Your task:
The expected output is a copy of every line in the records with the string "insert".

══════════════════════════════

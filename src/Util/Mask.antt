-- ===== src/Util/Mask.antt =====
-- util.go: `NewNbitIPv4Mask`. The bit number is an int: its pattern below 2 ^ 64.
pub mod Bits
use cow.Base.{
  ℕ, zero, suc, ◌+◌, ◌-◌, ◌%◌, ◌^◌, Option, none, some, [], ◌∷◌, if◌then◌else◌, replicate, Bytes,
  signed_lt, signed_ge, signed_sub, int64_half,
}

-- `^byte(1<<(uint8(8-n)) - 1)`: the shift and the subtraction are on bytes.
unfoldable pub partial_byte : ℕ → ℕ
partial_byte n = 255 - (2 ^ (signed_sub int64_half 8 n % 256) % 256 + 256 - 1) % 256

-- The rounds left of the loop over `id`; the bytes not reached stay 0.
unfoldable pub mask_bytes : ℕ → ℕ → Bytes
mask_bytes zero n = []
mask_bytes (suc rounds) n =
    let more = 255 ∷ mask_bytes rounds (signed_sub int64_half n 8) in
    if signed_ge int64_half n 8 then more else partial_byte n ∷ replicate rounds 0

-- `none` is the panic above 32 bits.
unfoldable pub new_nbit_ipv4_mask : ℕ → Option Bytes
unfolding mask_bytes partial_byte
new_nbit_ipv4_mask n = if signed_lt int64_half 32 n then none else some (mask_bytes 4 n)
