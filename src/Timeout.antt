-- ===== src/Timeout.antt =====
-- timeoutset.go: a set whose members expire. The clock is an argument of each operation, in
-- nanoseconds; the timeout is not negative, so a clock that runs backwards keeps members.
pub mod Log
use cow.Base.{
  ℕ, ◌-◌, Bool, true, false, none, some, [], ltb, if◌then◌else◌, Bytes, Map, lookup, insert, delete,
}

pub record TimeoutSet : Type 0 where
  pub time : Map ℕ
  pub timeout : ℕ

unfoldable pub new_timeout_set : ℕ → TimeoutSet
new_timeout_set timeout = record { time = []; timeout = timeout }

unfoldable pub add : ℕ → Bytes → TimeoutSet → TimeoutSet
add now key ts = record ts { time = insert key now ts.time }

unfoldable pub del : Bytes → TimeoutSet → TimeoutSet
del key ts = record ts { time = delete key ts.time }

-- The answer, and the set without the member that was found expired.
unfoldable pub has : ℕ → Bytes → TimeoutSet → Bool × TimeoutSet
unfolding del
has now key ts = elim (lookup key ts.time) [
  | none ↦ (false, ts)
  | some t ↦ if ltb ts.timeout (now - t) then (false, del key ts) else (true, ts)
]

══════════════════════════════

Solution for this exercise:
  ℕ, ◌-◌, Bool, true, false, none, some, [], ltb, if◌then◌else◌, Bytes, Map, lookup, insert, delete,
add now key ts = record ts { time = insert key now ts.time }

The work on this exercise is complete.